§ **Aim of the task**: Which lines in the listing below contain the word "rest"? Copy each one.

§ **Information given**:
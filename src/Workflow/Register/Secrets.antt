-- ===== src/Workflow/Register/Secrets.antt =====
-- The rule on secrets: what is accepted fills no password field, and no unknown field, with plain text.
use era_ai.Prelude.{
  ℕ, String, ◌≡◌, refl, sym, ap, ◌∙◌, Bool, true, false, not, ◌&&◌, ◌||◌, Option, none, some, List,
  [], ◌∷◌, All, length, ltb, str_eq, is_some, if◌then◌else◌, arith,
}
use era_ai.Prelude.Int.{ℤ}
use era_ai.Prelude.Results.{ok, err, ◌>>◌, refuse_if, refuse_if-passed, >>=-ok}
use era_ai.Value.{Value, Fields, get_field}
use era_ai.Permission.Catalog.{ActionSpec, ActionCatalog, get_spec}
use era_ai.Workflow.Definition.{
  text_and_reference, too_many_steps, too_many_characters, WorkflowStep, WorkflowDefinition,
}
use era_ai.Workflow.Dag.{validate_dag}
use era_ai.Workflow.Dag.Acyclic.{IsDag, validate_dag_iff}
use era_ai.Workflow.Register.{
  is_password, is_absent, is_vault_or_placeholder, check_reference, check_fill, check_step,
  check_steps, validate_workflow_definition, char_budget, validate_parallel,
}

-- The value is a reference or a placeholder, and there is no text beside it.
abbrev pub IsReferenced : Fields → Type 0
IsReferenced params =
    (ref : Value) × (get_field "value_ref" params ≡ some ref)
    × (is_vault_or_placeholder ref ≡ true)
    × (is_some (get_field "text" params) ≡ false)

abbrev pub IsGuarded : WorkflowStep → Type 0
IsGuarded s =
    str_eq s.action "browser.fill" ≡ true
    → (is_password s.target || is_absent s.target) ≡ true
    → IsReferenced s.params

last_passed : (b : Bool) → refuse_if b text_and_reference ≡ ok tt → b ≡ false
last_passed false h = refl
last_passed true h = ground (arith, h)

reference-ok :
    (ref : Value) (has_text : Bool)
    → check_reference (some ref) has_text ≡ ok tt
    → (is_vault_or_placeholder ref ≡ true) × (has_text ≡ false)
unfolding check_reference
reference-ok ref has_text h =
    let (good, rest) = refuse_if-passed (not (is_vault_or_placeholder ref)) _ _ tt h in
    (ground (arith, good), last_passed has_text rest)

-- The value of the reference decides.
value-ok :
    (ref : Option Value) (password unknown has_text : Bool)
    → (password && is_absent ref) ≡ false
    → (unknown && is_absent ref) ≡ false
    → check_reference ref has_text ≡ ok tt
    → (password || unknown) ≡ true
    → (v : Value) × (ref ≡ some v) × (is_vault_or_placeholder v ≡ true) × (has_text ≡ false)
value-ok none password unknown has_text p u h sensitive = ground (arith, p, u, sensitive)
value-ok (some v) password unknown has_text p u h sensitive =
    let (good, bare) = reference-ok v has_text h in (v, refl, good, bare)

fill-ok :
    (s : WorkflowStep)
    → check_fill s ≡ ok tt
    → (is_password s.target || is_absent s.target) ≡ true
    → IsReferenced s.params
unfolding check_fill
fill-ok s h sensitive =
    let (p, rest) =
      refuse_if-passed (is_password s.target && is_absent (get_field "value_ref" s.params)) _ _ tt
        h in
    let (u, last) =
      refuse_if-passed (is_absent s.target && is_absent (get_field "value_ref" s.params)) _ _ tt
        rest in
    value-ok (get_field "value_ref" s.params) (is_password s.target) (is_absent s.target)
      (is_some (get_field "text" s.params)) p u last sensitive

module _ (float_chars : ℤ → ℕ → ℕ) (text_of : Value → String) where
  step-ok :
      (spec : Option ActionSpec) (s : WorkflowStep)
      → check_step float_chars text_of spec s ≡ ok tt
      → IsGuarded s
  unfolding check_step
  step-ok none s h = ground (arith, h)
  step-ok (some spec) s h = λ fills sensitive.
      let (allowed, rest) = refuse_if-passed _ _ _ tt h in
      let (x, first, more) = >>=-ok _ _ tt rest in
      fill-ok s (sym (ap (λ b. if b then check_fill s else ok tt) fills) ∙ first) sensitive

  steps-ok :
      (catalog : ActionCatalog) (seen : List String) (ss : List WorkflowStep)
      → check_steps float_chars text_of catalog seen ss ≡ ok tt
      → All IsGuarded ss
  unfolding check_steps
  steps-ok catalog seen [] h = tt
  steps-ok catalog seen (s ∷ ss) h =
      let (fresh, rest) = refuse_if-passed _ _ _ tt h in
      let (x, first, more) = >>=-ok _ _ tt rest in
      (step-ok (get_spec catalog s.action) s first, steps-ok catalog (s.id ∷ seen) ss more)

  -- A definition that is accepted is returned as it is, its steps form a graph that can be run, and it fills
  -- every password field, and every field of which nothing is known, with a reference to the vault or a
  -- placeholder, and with no text.
  pub validate_workflow_definition-IsGuarded :
      (d e : WorkflowDefinition) (catalog : ActionCatalog) (max_steps max_chars : ℕ)
      → validate_workflow_definition float_chars text_of d catalog max_steps max_chars ≡ ok e
      → (d ≡ e) × IsDag d × All IsGuarded d.steps
  unfolding validate_workflow_definition
  validate_workflow_definition-IsGuarded d e catalog max_steps max_chars h =
      let (few, rest) = refuse_if-passed (ltb max_steps (length d.steps)) too_many_steps _ e h in
      let (short, more) =
        refuse_if-passed (ltb max_chars (char_budget float_chars text_of d.steps))
          too_many_characters _ e rest in
      let (x, checked, last) =
        >>=-ok (check_steps float_chars text_of catalog [] d.steps)
          (λ x. validate_dag d >> (validate_parallel d >> ok d)) e more in
      let (y, graph, parallel) =
        >>=-ok (validate_dag d) (λ x. validate_parallel d >> ok d) e last in
      let (z, members, same) = >>=-ok (validate_parallel d) (λ x. ok d) e parallel in
      (
        ap (λ r. elim r [ ok a ↦ a | err m ↦ d ]) same,
        (validate_dag_iff d).0 graph,
        steps-ok catalog [] d.steps checked,
      )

§ **Worked solution**:
    let (good, rest) = refuse_if-passed (not (is_vault_or_placeholder ref)) _ _ tt h in
    (ground (arith, good), last_passed has_text rest)
    let (p, rest) =
        rest in
      let (allowed, rest) = refuse_if-passed _ _ _ tt h in
      let (x, first, more) = >>=-ok _ _ tt rest in
      let (fresh, rest) = refuse_if-passed _ _ _ tt h in
      let (x, first, more) = >>=-ok _ _ tt rest in
      let (few, rest) = refuse_if-passed (ltb max_steps (length d.steps)) too_many_steps _ e h in
          too_many_characters _ e rest in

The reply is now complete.